■ Aim of the exercise
Only a slice of the listing below is wanted. Retype the lines from the one containing "accepted none correlation_id" through the one containing "unfoldable pub session_of", exactly, both ends included.

■ Excerpted records
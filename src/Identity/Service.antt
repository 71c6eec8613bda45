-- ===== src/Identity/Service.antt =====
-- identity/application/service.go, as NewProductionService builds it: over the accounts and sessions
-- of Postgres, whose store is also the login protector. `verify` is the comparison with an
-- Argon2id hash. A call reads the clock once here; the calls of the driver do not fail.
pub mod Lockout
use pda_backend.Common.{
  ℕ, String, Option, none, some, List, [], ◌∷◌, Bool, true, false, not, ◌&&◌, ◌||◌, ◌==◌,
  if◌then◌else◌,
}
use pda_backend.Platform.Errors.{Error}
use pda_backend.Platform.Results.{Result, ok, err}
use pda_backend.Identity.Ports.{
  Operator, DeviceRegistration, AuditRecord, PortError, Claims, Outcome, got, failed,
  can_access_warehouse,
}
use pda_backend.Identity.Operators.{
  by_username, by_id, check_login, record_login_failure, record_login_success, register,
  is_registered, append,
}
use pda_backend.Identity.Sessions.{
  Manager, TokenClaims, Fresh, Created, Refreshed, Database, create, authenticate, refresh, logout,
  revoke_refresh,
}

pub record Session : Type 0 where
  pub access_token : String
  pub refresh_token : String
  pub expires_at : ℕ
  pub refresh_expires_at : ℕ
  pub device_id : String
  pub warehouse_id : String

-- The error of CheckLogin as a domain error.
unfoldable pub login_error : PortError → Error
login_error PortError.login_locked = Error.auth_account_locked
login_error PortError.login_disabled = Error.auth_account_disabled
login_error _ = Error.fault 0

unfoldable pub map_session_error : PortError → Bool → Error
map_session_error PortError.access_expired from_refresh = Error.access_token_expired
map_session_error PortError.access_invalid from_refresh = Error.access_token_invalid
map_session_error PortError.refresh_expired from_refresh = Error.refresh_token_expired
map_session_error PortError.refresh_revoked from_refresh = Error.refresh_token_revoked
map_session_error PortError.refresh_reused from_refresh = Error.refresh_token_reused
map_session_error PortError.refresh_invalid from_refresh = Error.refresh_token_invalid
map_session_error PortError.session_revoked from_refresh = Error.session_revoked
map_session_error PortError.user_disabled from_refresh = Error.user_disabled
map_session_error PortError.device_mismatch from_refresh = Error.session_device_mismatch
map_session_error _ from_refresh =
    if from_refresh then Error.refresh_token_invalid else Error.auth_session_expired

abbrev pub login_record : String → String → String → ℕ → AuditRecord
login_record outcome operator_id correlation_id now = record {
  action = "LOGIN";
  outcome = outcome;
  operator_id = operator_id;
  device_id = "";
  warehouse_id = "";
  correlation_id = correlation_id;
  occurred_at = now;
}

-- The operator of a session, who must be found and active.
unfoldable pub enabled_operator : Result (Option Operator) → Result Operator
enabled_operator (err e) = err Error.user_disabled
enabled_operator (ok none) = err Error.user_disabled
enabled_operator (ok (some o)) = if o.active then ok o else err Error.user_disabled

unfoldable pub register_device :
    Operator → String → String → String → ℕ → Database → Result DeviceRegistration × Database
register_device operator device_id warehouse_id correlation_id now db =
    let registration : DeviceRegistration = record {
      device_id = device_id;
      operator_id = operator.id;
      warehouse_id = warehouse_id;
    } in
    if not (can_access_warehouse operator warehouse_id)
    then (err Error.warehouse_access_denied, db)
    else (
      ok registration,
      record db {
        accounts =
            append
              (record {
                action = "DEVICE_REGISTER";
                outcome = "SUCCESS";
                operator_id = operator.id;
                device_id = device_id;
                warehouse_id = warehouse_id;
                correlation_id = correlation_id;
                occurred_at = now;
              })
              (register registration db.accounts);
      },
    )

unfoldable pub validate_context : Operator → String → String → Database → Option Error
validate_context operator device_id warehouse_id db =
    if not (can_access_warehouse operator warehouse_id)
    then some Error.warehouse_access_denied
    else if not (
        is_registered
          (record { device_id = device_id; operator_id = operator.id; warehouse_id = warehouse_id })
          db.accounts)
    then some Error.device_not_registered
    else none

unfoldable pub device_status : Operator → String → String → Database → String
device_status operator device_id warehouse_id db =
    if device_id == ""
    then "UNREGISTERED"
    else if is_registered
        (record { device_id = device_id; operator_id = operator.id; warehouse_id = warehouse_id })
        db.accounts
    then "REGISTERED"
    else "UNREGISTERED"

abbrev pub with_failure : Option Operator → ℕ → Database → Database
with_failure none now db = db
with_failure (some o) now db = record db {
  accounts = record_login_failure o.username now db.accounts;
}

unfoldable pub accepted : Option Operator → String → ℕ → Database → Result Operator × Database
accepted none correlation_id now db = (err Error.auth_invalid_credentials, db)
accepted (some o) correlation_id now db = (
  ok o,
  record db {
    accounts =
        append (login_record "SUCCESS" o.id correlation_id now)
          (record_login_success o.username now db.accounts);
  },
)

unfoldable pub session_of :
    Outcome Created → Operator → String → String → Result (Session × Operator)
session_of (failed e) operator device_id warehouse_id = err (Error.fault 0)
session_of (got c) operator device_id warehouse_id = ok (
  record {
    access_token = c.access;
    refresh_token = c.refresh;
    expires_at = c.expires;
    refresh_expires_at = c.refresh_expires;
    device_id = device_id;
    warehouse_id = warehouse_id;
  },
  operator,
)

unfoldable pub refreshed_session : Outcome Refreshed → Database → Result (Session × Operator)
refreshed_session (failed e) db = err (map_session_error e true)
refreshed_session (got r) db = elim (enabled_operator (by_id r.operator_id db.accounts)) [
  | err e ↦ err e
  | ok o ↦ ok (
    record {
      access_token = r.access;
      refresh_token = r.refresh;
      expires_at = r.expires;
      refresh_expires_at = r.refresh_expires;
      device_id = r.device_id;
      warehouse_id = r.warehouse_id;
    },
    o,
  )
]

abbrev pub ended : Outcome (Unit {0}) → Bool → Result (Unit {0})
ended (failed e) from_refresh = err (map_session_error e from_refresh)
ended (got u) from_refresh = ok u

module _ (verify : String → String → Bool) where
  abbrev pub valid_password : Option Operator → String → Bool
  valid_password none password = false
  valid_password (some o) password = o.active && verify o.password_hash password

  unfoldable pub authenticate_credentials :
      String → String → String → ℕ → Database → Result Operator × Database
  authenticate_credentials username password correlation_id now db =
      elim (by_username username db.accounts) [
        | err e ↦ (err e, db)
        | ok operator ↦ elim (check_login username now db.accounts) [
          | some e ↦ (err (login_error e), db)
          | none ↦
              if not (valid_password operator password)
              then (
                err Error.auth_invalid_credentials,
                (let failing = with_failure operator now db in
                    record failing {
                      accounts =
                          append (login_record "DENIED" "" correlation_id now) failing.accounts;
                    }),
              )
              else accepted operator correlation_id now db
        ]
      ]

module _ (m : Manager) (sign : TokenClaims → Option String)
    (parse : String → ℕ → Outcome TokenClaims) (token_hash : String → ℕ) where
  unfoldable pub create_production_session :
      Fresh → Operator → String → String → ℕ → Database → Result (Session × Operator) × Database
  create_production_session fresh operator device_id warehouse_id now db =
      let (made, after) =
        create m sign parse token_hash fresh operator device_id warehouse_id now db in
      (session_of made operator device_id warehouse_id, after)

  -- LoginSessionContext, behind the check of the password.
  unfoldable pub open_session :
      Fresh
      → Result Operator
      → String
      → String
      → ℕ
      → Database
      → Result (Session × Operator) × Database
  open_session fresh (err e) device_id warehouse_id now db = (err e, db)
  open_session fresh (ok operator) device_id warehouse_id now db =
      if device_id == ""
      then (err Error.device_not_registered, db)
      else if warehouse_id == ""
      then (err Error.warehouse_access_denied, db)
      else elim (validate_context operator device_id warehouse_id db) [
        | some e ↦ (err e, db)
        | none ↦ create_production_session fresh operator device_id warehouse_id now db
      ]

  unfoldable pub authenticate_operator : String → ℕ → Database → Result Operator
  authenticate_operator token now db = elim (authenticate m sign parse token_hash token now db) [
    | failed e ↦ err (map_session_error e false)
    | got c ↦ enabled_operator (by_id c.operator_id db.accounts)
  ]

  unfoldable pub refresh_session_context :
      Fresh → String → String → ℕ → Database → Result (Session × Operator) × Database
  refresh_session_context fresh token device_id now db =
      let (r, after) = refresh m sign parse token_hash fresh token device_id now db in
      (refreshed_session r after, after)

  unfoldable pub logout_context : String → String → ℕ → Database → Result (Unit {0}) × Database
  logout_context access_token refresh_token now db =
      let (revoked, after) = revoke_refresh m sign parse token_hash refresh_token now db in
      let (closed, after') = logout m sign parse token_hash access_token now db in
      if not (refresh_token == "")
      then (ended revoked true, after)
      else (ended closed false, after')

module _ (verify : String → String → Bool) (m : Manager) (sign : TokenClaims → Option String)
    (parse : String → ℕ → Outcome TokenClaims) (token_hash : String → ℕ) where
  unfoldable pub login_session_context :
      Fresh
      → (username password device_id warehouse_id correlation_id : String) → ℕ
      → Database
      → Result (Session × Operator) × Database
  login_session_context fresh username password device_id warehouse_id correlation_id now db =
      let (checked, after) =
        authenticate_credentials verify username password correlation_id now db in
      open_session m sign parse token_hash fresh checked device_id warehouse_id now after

■ Solution to the exercise
accepted none correlation_id now db = (err Error.auth_invalid_credentials, db)
accepted (some o) correlation_id now db = (
  ok o,
  record db {
    accounts =
        append (login_record "SUCCESS" o.id correlation_id now)
          (record_login_success o.username now db.accounts);
  },
)

unfoldable pub session_of :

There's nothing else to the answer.